An Inconvenient Truth
That reality by itself gives Guyanese the right to ask for justification for the proposed increase in expenditure. An explanation becomes even more imperative when projected financial returns are matched with cost. Using 2009 as an example, the administration requested an 8.1 percent increase in spending. The fear expressed last year was that the additional money in the hands of the administration would not produce the best results for the Guyana economy. It was felt that by transferring that much more money to the administration, the private sector would lose the opportunity to help grow the economy by between 4 and 7 percent. The worst fears were realized. Though private businesses increased their spending by 6 percent, Guyanese households were forced to reduce their purchases of goods and services by 16 percent. That is the evidence reported in the National Accounts by the Guyana Bureau of Statistics, an inconvenient truth never publicly acknowledged or explained to the Guyanese people in the budget speech.
All appeared nice and rosy from the budget presentation to Parliament but the net effect of the change in consumer spending was a decline in private sector spending by 10 percent. In addition to all the other inconveniences that Guyanese families experienced last year, the kitchen cupboard was mostly left bare. Knowing this truth about the impact of the administration’s policies on the family budget also helps to add context to the 6 percent increase in spending by private businesses. With Guyanese households cutting their purchases by 16 percent, it could well be that the 6 percent increase in private investment really means a 6 percent increase in unsold goods. That likelihood does not bode well for investment and employment in 2010.
Gaping Hole
The preceding outcome explains the lack of euphoria among Guyanese.
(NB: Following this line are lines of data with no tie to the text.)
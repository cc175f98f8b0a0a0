-- ===== src/Waeio/Loop.antt =====
-- src/waeio.c: the scheduling loop while no descriptor becomes ready.
use waeio.Prelude.{
  arith, ◌<◌, ℕ, zero, suc, ◌≡◌, refl, sym, ◌∙◌, subst, Bool, true, false, ℤ, pos, List, [], Option,
  some, none, Outcome, done, aborted, ◌>>=◌, if◌then◌else◌,
}
use waeio.Wasio.{WasioResult, ok, error, efull, eagain, econn, Host}
use waeio.Wasio.Table.{State, wasio_poll}
use waeio.Wasio.Table.Calls.{PollsInPlace}
use waeio.Wasio.Table.Polling.{wasio_poll-IsTable}
use waeio.Waeio.{
  FiberResult, Queue, nil, Fibers, Ctl, with_wasio, queue_swap, run_events, poll_events, run_next,
  scheduling_loop,
}
use waeio.Waeio.Requeueing.{IsEnded}
use waeio.Waeio.Requests.{IsCtl}
use waeio.Waeio.Ready.{Fails, FibersBehave, Ready, stops, goes, run_ready-Ready}

module _ {W M : Type 0} (lib : Fibers W M) (host : Host W) (event_foreach : State W → ℕ → List ℕ)
    (status_address : ℤ) (uninit : ℕ) where
  -- WASIO_EVENT_FOREACH never visits a descriptor.
  unfoldable pub NothingReady : Type 0
  NothingReady = (w : State W) (n : ℕ) → event_foreach w n ≡ []

  -- The state between rounds.
  pub record BetweenRounds (ctl : Ctl W M) : Type 0 where
    pub invariant : IsCtl ctl
    pub front_ended : IsEnded ctl.frontq
    pub rear_ended : IsEnded ctl.rearq

  abbrev pub round : Ctl W M → Outcome (Bool × Ctl W M)
  round = run_next lib host event_foreach status_address uninit

  -- `n` rounds that go on lead from a state to another.
  pub data Rounds : ℕ → Ctl W M → Ctl W M → Type 0 where
    none_yet : {ctl : Ctl W M} → Rounds 0 ctl ctl
    one_more :
        {n : ℕ} {ctl mid after : Ctl W M}
        → round ctl ≡ done (true, mid)
        → Rounds n mid after
        → Rounds (suc n) ctl after

  -- The loop in which the ready fibers of `at` run comes to a fiber that fails.
  abbrev pub FiberFails : Ctl W M → Type 0
  FiberFails at = Fails lib at.frontq at

  -- The end of a round: `Cause` is why it may abort.
  data Round (Cause : Type 0) : Outcome (Bool × Ctl W M) → Type 0 where
    gives_up : Cause → Round Cause aborted
    stays : (after : Ctl W M) → BetweenRounds after → Round Cause (done (true, after))
    ends : (after : Ctl W M) → IsCtl after → Round Cause (done (false, after))

  -- The end of the loop within `fuel` rounds from `ctl`: an abort in the round after some rounds,
  -- for a fiber that failed; no end yet, with the state after all the rounds; or an end with a
  -- round that does not go on.
  pub data Ending (fuel : ℕ) (ctl : Ctl W M) : Outcome (Option (Ctl W M)) → Type 0 where
    ends_aborted :
        (n : ℕ) (at : Ctl W M)
        → n < fuel
        → Rounds n ctl at
        → FiberFails at
        → Ending fuel ctl aborted
    not_yet : (at : Ctl W M) → Rounds fuel ctl at → BetweenRounds at → Ending fuel ctl (done none)
    ended :
        (n : ℕ) (at final : Ctl W M)
        → n < fuel
        → Rounds n ctl at
        → round at ≡ done (false, final)
        → IsCtl final
        → Ending fuel ctl (done (some final))

  poll_events-Round :
      {Cause : Type 0} (status : Option FiberResult) (keep_going : Bool) (ctl : Ctl W M)
      (r : WasioResult × ℕ × State W)
      → NothingReady
      → IsCtl (with_wasio ctl r.2)
      → (keep_going ≡ true → IsEnded ctl.frontq × IsEnded ctl.rearq)
      → Round Cause (poll_events lib host event_foreach status_address status keep_going ctl r)
  unfolding poll_events run_events NothingReady
  poll_events-Round status true ctl (ok, n, w) quiet c e =
      rw (quiet w n)
        (stays _ (record { invariant = c; front_ended = (e refl).0; rear_ended = (e refl).1 }))
  poll_events-Round status false ctl (ok, n, w) quiet c e = rw (quiet w n) (ends _ c)
  poll_events-Round status keep_going ctl (error, n, w) quiet c e = ends _ c
  poll_events-Round status keep_going ctl (efull, n, w) quiet c e = ends _ c
  poll_events-Round status keep_going ctl (eagain, n, w) quiet c e = ends _ c
  poll_events-Round status keep_going ctl (econn, n, w) quiet c e = ends _ c

  polled-IsCtl :
      (ctl : Ctl W M)
      → PollsInPlace host
      → IsCtl ctl
      → IsCtl (with_wasio ctl (wasio_poll host ctl.wasio uninit (pos 0)).2)
  polled-IsCtl ctl p c =
      let polled = wasio_poll-IsTable host ctl.wasio uninit (pos 0) c.table p in
      record { table = polled.0; capacity_is = polled.1 ∙ c.capacity_is; room = c.room }

  polled-Round :
      (q : Queue) (ctl : Ctl W M) {o : Outcome (Bool × Option FiberResult × Ctl W M)}
      → PollsInPlace host
      → NothingReady
      → IsEnded ctl.rearq
      → Ready lib q ctl o
      → Round (Fails lib q ctl) (
          o >>= λ ran.
          poll_events lib host event_foreach status_address ran.1 ran.0
            (queue_swap ran.2)
            (wasio_poll host (queue_swap ran.2).wasio uninit (pos 0)))
  unfolding queue_swap IsEnded
  polled-Round q ctl p quiet h (stops x) = gives_up x
  polled-Round q ctl p quiet h (goes k last after c m front quits e more added) =
      poll_events-Round last k (queue_swap after) _ quiet
        (polled-IsCtl (queue_swap after) p (swapped after c))
        (λ yes. (swapped_ended after (e h) (front yes).0))
    where
      swapped : (x : Ctl W M) → IsCtl x → IsCtl (queue_swap x)
      swapped x c = record { table = c.table; capacity_is = c.capacity_is; room = c.room }

      swapped_ended :
          (x : Ctl W M)
          → IsEnded x.rearq
          → x.frontq ≡ nil
          → IsEnded (queue_swap x).frontq × IsEnded (queue_swap x).rearq
      swapped_ended x rear q = (rear, subst IsEnded (sym q) tt)

  run_next-Round :
      (ctl : Ctl W M)
      → FibersBehave lib
      → PollsInPlace host
      → NothingReady
      → BetweenRounds ctl
      → Round (FiberFails ctl) (round ctl)
  unfolding run_next
  run_next-Round ctl b p quiet i =
      polled-Round ctl.frontq ctl p quiet i.rear_ended
        (run_ready-Ready lib ctl.frontq ctl none b i.invariant i.front_ended refl)

  -- With fibers that keep the table and its capacity and name descriptors of the table where the
  -- code reads one, a host that polls in place, and no descriptor ever ready, the loop, from a state
  -- with the invariant in which both queues end with NULL, makes no access out of range in any
  -- number of rounds. It aborts only in a round in which it comes to a fiber that fails, after
  -- rounds that went on; or all the rounds went on, and the state after them has the invariant; or
  -- it ends with the first round that does not go on, in a state with the invariant.
  pub scheduling_loop-Ending :
      (fuel : ℕ) (ctl : Ctl W M)
      → FibersBehave lib
      → PollsInPlace host
      → NothingReady
      → BetweenRounds ctl
      → Ending fuel ctl (scheduling_loop lib host event_foreach status_address fuel uninit ctl)
  unfolding scheduling_loop
  scheduling_loop-Ending zero ctl b p quiet i = not_yet ctl none_yet i
  scheduling_loop-Ending (suc fuel) ctl b p quiet i =
      go (round ctl) refl (run_next-Round ctl b p quiet i)
        (λ c j. scheduling_loop-Ending fuel c b p quiet j)
    where
      later :
          (mid : Ctl W M) (o : Outcome (Option (Ctl W M)))
          → round ctl ≡ done (true, mid)
          → Ending fuel mid o
          → Ending (suc fuel) ctl o
      later mid _ e (ends_aborted n at few r x) =
          ends_aborted (suc n) at (omega (arith, few)) (one_more e r) x
      later mid _ e (not_yet at r j) = not_yet at (one_more e r) j
      later mid _ e (ended n at final few r q c) =
          ended (suc n) at final (omega (arith, few)) (one_more e r) q c

      go :
          (o : Outcome (Bool × Ctl W M))
          → round ctl ≡ o
          → Round (FiberFails ctl) o
          → ((c : Ctl W M)
              → BetweenRounds c
              → Ending fuel c (scheduling_loop lib host event_foreach status_address fuel uninit c))
          → Ending (suc fuel) ctl (
              o >>= λ next.
              (let rest =
                  scheduling_loop lib host event_foreach status_address fuel uninit next.1 in
                if next.0 then rest else done (some next.1)))
      go _ e (gives_up x) rest = ends_aborted 0 ctl (omega arith) none_yet x
      go _ e (stays after j) rest = later after _ e (rest after j)
      go _ e (ends after c) rest = ended 0 ctl after (omega arith) none_yet e c
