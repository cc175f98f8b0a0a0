-- ===== src/Waeio/Main.antt =====
-- src/waeio.c: `waeio_main`.
use waeio.Prelude.{
  ℕ, Bool, true, false, ℤ, pos, List, Option, some, none, replicate, to_u32, Outcome, done, ◌>>=◌,
  ◌>>◌, assert, write,
}
use waeio.Wasio.{WasioResult, ok, Host}
use waeio.Wasio.Table.{State, Exports, wasio_init, wasio_listen, wasio_close, wasio_finalize}
use waeio.Waeio.{Queue, queue_push, Fibers, Ctl, scheduling_loop}

-- `res == WASIO_OK`
abbrev pub is_ok : WasioResult → Bool
is_ok ok = true
is_ok _ = false

-- What the run finds: the blocks that `malloc` gives for the two queues, the outcomes of the three
-- calls of `malloc` in `wasio_init`, the contents and the address of `servsock`, and the address of
-- the variable `status`.
pub record Start : Type 0 where
  pub max_connections : ℕ
  pub front_block : Queue
  pub rear_block : Queue
  pub fl_memory : Bool
  pub vfds_memory : Bool
  pub fds_memory : Bool
  pub servsock : ℤ
  pub servsock_address : ℤ
  pub status_address : ℤ
  pub uninit : ℕ

module _ {W M : Type 0} (lib : Fibers W M) (host : Host W) (exports : Exports)
    (event_foreach : State W → ℕ → List ℕ) (start : Start) where
  -- `ctl` before the scheduling loop, the handle of the main fiber, and the listening descriptor.
  unfoldable pub set_up : State W → M → ℤ → Outcome (Ctl W M × ℕ × ℤ)
  set_up wasio memory listener = do
    init ←
        wasio_init exports wasio start.max_connections start.fl_memory start.vfds_memory
          start.fds_memory
    assert (is_ok init.0)
    listens ← wasio_listen host init.1 start.servsock (pos 8080) (pos 1000)
    assert (is_ok listens.0)
    let mainfiber = lib.fiber_alloc memory listener
    fibers ← write (replicate start.max_connections 0) (pos (to_u32 listens.1)) mainfiber.0
    done (
      record {
        nconns = 1;
        max_conns = start.max_connections;
        frontq =
            queue_push start.front_block
              (record { fiber = mainfiber.0; arg = start.servsock_address });
        rearq = start.rear_block;
        wasio = listens.2;
        fibers = fibers;
        memory = mainfiber.1;
      },
      mainfiber.0,
      listens.1,
    )

  -- The result of the close is not looked at.
  unfoldable pub clean_up : Ctl W M → ℕ → ℤ → Outcome (Ctl W M)
  clean_up ctl mainfiber servsock = do
    let memory = lib.fiber_free ctl.memory mainfiber
    closed ← wasio_close host ctl.wasio servsock
    wfd ← wasio_finalize closed.1.wfd
    done (record ctl { memory = memory; wasio = record (closed.1) { wfd = wfd } })

  -- `waeio_main` for at most `fuel` rounds: its result, and what `ctl` is then.
  unfoldable pub waeio_main : ℕ → State W → M → ℤ → Outcome (Option (ℤ × Ctl W M))
  waeio_main fuel wasio memory listener = do
    ready ← set_up wasio memory listener
    ends ← scheduling_loop lib host event_foreach start.status_address fuel start.uninit ready.0
    finish ready ends
    where
      finish : Ctl W M × ℕ × ℤ → Option (Ctl W M) → Outcome (Option (ℤ × Ctl W M))
      finish ready none = done none
      finish ready (some ctl) = clean_up ctl ready.1 ready.2 >>= λ ctl'. done (some (pos 0, ctl'))
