-- ===== src/Waeio/Retrying.antt =====
-- src/waeio.c: `waeio_recv`, resumed until it returns.
use waeio.Prelude.{
  ℕ, zero, suc, ◌≡◌, ◌<◌, refl, arith, true, false, ℤ, pos, negsuc, minus_one, eq_ℤ, List, [], ◌∷◌,
  length, All, Option, some, none, get_or, Outcome, done, ◌>>=◌, read_in_range, ==_iff,
}
use waeio.Wasio.{WasioResult, eagain, Host, translate_error}
use waeio.Wasio.Table.{State, after, wasio_recv}
use waeio.Wasio.Table.Invariant.{IsTable}
use waeio.Waeio.Api.{fiber_kill_signal, View, Progress, yields, returns, recv_result, waeio_recv}

module _ {W : Type 0} (host : Host W) (vfd unset : ℤ) (len : ℕ) where
  -- `waeio_recv` from its first yield, resumed with each of the answers in turn for as long as it
  -- yields: its return value, if it has returned, and what it leaves.
  unfoldable pub recv_run : List ℤ → View W → Outcome (Option ℤ × View W)
  recv_run [] v = done (none, v)
  recv_run (ans ∷ answers) v = do
    r ← waeio_recv host vfd unset len ans v
    let rest = recv_run answers r.2
    go r.0 r.2 rest
    where
      go :
          Progress (Unit {0}) ℤ → View W → Outcome (Option ℤ × View W) → Outcome (Option ℤ × View W)
      go (yields cmd wait) v' rest = rest
      go (returns n) v' rest = done (some n, v')

module _ {W : Type 0} (host : Host W) (len : ℕ) where
  -- The host would block for the first `n` calls of `recv` on `fd`, and then receives `k` bytes;
  -- the last state is `w'`.
  pub data Receives (fd : ℤ) (k : ℕ) (w' : W) : ℕ → W → Type 0 where
    ready :
        (w : W)
        → (host.recv w fd len).reply.answer ≡ pos k
        → (host.recv w fd len).reply.world ≡ w'
        → Receives fd k w' zero w
    would_block :
        (w : W) (n m : ℕ)
        → (host.recv w fd len).reply.answer ≡ negsuc m
        → (host.recv w fd len).reply.errno ≡ some host.eagain
        → Receives fd k w' n (host.recv w fd len).reply.world
        → Receives fd k w' (suc n) w

unfoldable pub NotKilled : ℤ → Type 0
NotKilled ans = eq_ℤ ans fiber_kill_signal ≡ false

module _ {W : Type 0} (host : Host W) (e : ℕ) (unset : ℤ) (len : ℕ) where
  eagain_is : translate_error host host.eagain ≡ eagain
  unfolding translate_error
  eagain_is = rw (self host.eagain)
    where
      self : (a : ℤ) → eq_ℤ a a ≡ true
      self (pos n) = (==_iff n n).1 refl
      self (negsuc n) = (==_iff n n).1 refl

  wasio_recv-eq :
      (s : State W)
      → IsTable s.wfd
      → e < s.wfd.capacity
      → let r = host.recv s.world (get_or s.wfd.fds e minus_one) len in
        ((k : ℕ)
          → r.reply.answer ≡ pos k
          → wasio_recv host s (pos e) len 0
            ≡ done (WasioResult.ok, k, r.bytes, after host s r.reply))
        × ((m : ℕ)
            → r.reply.answer ≡ negsuc m
            → r.reply.errno ≡ some host.eagain
            → wasio_recv host s (pos e) len 0 ≡ done (eagain, 0, r.bytes, after host s r.reply))
  unfolding wasio_recv
  wasio_recv-eq s t below =
      let inside = read_in_range s.wfd.fds e minus_one (omega (arith, below, t.fds_room)) in
      (λ k q. rw (inside, q), λ m q x. rw (inside, q, x, eagain_is))

  -- For a descriptor of a table that satisfies the invariant: if the host refuses `n` times with its
  -- EAGAIN and then receives `k` bytes, `waeio_recv`, resumed with any `n + 1` answers of which none
  -- is the kill signal, returns `k`. The table stays as it was, and the host is in the state after
  -- the last call.
  pub recv_run_returns :
      (v : View W) (n k : ℕ) (w' : W) (answers : List ℤ)
      → IsTable v.wasio.wfd
      → e < v.wasio.wfd.capacity
      → All NotKilled answers
      → length answers ≡ suc n
      → Receives host len (get_or v.wasio.wfd.fds e minus_one) k w' n v.wasio.world
      → (v' : View W) × (recv_run host (pos e) unset len answers v ≡ done (some (pos k), v'))
        × (v'.wasio.wfd ≡ v.wasio.wfd)
        × (v'.wasio.world ≡ w')
  unfolding recv_run waeio_recv recv_result NotKilled
  recv_run_returns v n k w' [] t below names size r = absurd (omega (arith, size))
  recv_run_returns v _ k w' (ans ∷ answers) t below names size (ready w q last) =
      let fd = get_or v.wasio.wfd.fds e minus_one in
      (
        record v { wasio = after host v.wasio (host.recv v.wasio.world fd len).reply },
        rw (names.0, (wasio_recv-eq v.wasio t below).0 k q),
        refl,
        last,
      )
  recv_run_returns v _ k w' (ans ∷ answers) t below names size (would_block w n m q x rest) =
      let fd = get_or v.wasio.wfd.fds e minus_one in
      let v1 : View W = record v {
        wasio = after host v.wasio (host.recv v.wasio.world fd len).reply;
      } in
      let ih = recv_run_returns v1 n k w' answers t below names.1 (omega (arith, size)) rest in
      (ih.0, rw (names.0, (wasio_recv-eq v.wasio t below).1 m q x) ih.1, ih.2, ih.3)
Having learnt about the contents of the 2010 budget and that the administration intends to pursue the same policies as last year, Guyanese know that this year could be a rough one. They know also that they will be deprived of an additional 11 percent of income that will leave them with a gaping hole in their budgets. As the implications of this deficiency soak in, they might just realize that the policies of this administration are never really about them.